Berbeda dari podcast politik pada umumnya, ketiga jurnalis berpengalaman ini memilih format diskusi internal tanpa menghadirkan narasumber eksternal, mengandalkan pengalaman dan kredibilitas jurnalistik mereka untuk menyampaikan aspirasi dan kritik membangun langsung kepada Presiden Indonesia.
“Sebetulnya kami bikin ini karena cuma pengen ngomong sama presiden. Kita nggak peduli ditonton atau tidak, asal Presiden dengar, itu sudah cukup,” ungkap Nugroho F. Yudo menjelaskan filosofi sederhana namun tegas di balik podcast mereka.
Pernyataan ini mencerminkan pendekatan unik trio jurnalis yang lebih mengutamakan penyampaian pesan ketimbang popularitas atau rating tinggi.

Format podcast “Dear President” memang tidak konvensional dalam lanskap media digital Indonesia. Ketiga host mengandalkan perspektif mereka sebagai jurnalis generalis yang memiliki pemahaman lintas sektor, menciptakan diskusi yang jujur, ringan, namun berbasis data akurat.
Pendekatan ini menjadikan podcast mereka sebagai referensi alternatif di tengah membanjirnya konten digital yang sering kali sensasional atau clickbait.
Setiap episode konsisten mengarahkan pembahasan pada ranah tanggung jawab presiden sebagai kepala negara. Mulai dari isu fundamental seperti Kemampuan Dasar Militer (KDM) hingga topik strategis pembangunan Ibu Kota Nusantara (IKN), semua dibahas dari perspektif kebijakan tertinggi negara dengan gaya diskusi santai namun analisis yang tajam.

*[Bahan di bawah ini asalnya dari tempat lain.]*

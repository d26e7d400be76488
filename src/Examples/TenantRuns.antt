-- ===== src/Examples/TenantRuns.antt =====
-- Runs of the tenants and of their devices.
use webui_hub.Prelude.{
  String, ◌≡◌, refl, false, not, ◌||◌, ◌&&◌, none, some, List, [], ◌∷◌, ◌==◌, ◌*◌, elem,
  if◌then◌else◌,
}
use webui_hub.Json.{Json, Dict, str}
use webui_hub.Disk.{queue_path, open_file, tenants_path, path_eq}
use webui_hub.Models.{day}
use webui_hub.Store.Tenants.{get_tenant, purge_old_deleted_tenants}
use webui_hub.Store.Tenants.Lifecycle.{load_tenants-save_tenants}
use webui_hub.Store.Tenants.Purge.{open_file-purge_old_deleted_tenants, purged}
use webui_hub.Store.Usb.{effective_usb_vidpids_from, tenant_usb_vidpids}
use webui_hub.Store.Usb.Merge.{effective_usb_vidpids_lem, IsDistinct, vidpids}
use webui_hub.Examples.Rows.{user_codec, command_codec}
use webui_hub.Examples.TenantRows.{tenant_codec}
use webui_hub.Examples.SpokeRows.{spoke_format, stroke_instants}
use webui_hub.Examples.Outside.{
  open_fernet, plain_json, blank_digest, open_tokens, salted_passwords,
}
use webui_hub.Examples.Data.{acme, hub_disk, tenant_disk}

acme_found : get_tenant "acme" tenant_disk ≡ some acme
unfolding get_tenant
acme_found = rw load_tenants-save_tenants

queue_elsewhere : path_eq tenants_path (queue_path "acme" "s1") ≡ false
unfolding path_eq
queue_elsewhere = refl

open_file-purge_old_deleted_tenants_example :
    open_file (queue_path "acme" "s1") (purge_old_deleted_tenants (31 * day) 30 hub_disk).1 ≡ (
      if elem "acme" (purged (31 * day) 30 hub_disk)
      then none
      else open_file (queue_path "acme" "s1") hub_disk)
open_file-purge_old_deleted_tenants_example =
    open_file-purge_old_deleted_tenants (31 * day) 30 hub_disk (queue_path "acme" "s1")
      queue_elsewhere

abbrev certified : List (Dict Json)
certified = (("vidpid", str "0bda:8153") ∷ []) ∷ []

effective_usb_vidpids_lem_example :
    IsDistinct (vidpids (effective_usb_vidpids_from certified (some acme)))
    × ((x : String)
        → elem x (vidpids (effective_usb_vidpids_from certified (some acme))) ≡ (
            not (x == "")
            && (elem x (vidpids certified) || elem x (vidpids (tenant_usb_vidpids (some acme))))))
effective_usb_vidpids_lem_example = effective_usb_vidpids_lem certified (some acme)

Episode ke-100 menjadi momentum istimewa ketika mereka mengangkat isu kontroversial “beras oplosan” yang sedang hangat diperbincangkan publik.
Para host menyoroti pernyataan sejumlah menteri terkait dugaan manipulasi data stok dan impor beras, sambil mempertanyakan kredibilitas data pemerintah yang tampak kontradiktif.
“Kalau beras lama dilepas ke pasar, itu justru sumber utama beras oplosan,” tegas Nugroho.
Sementara Haris menambahkan dengan analisis data, “Kami pakai data pemerintah, produksi 30 juta ton, kebutuhan 22 juta ton. Harusnya kita surplus. Tapi kenapa masih impor?”
Pertanyaan kritis ini menunjukkan kemampuan mereka menganalisis inkonsistensi kebijakan berdasarkan data resmi pemerintah.

Proses produksi podcast ini dilakukan secara minimalis dengan tema yang dipilih melalui diskusi internal mendalam. Mereka sangat selektif dalam menayangkan episode, jika materi dianggap kurang berdampak atau tidak memenuhi standar jurnalistik mereka, episode bisa dibatalkan tanpa ragu.
Didi Suprianto menegaskan integritas mereka, “Kami bukan tukang gibah. Kami tahu prioritas.”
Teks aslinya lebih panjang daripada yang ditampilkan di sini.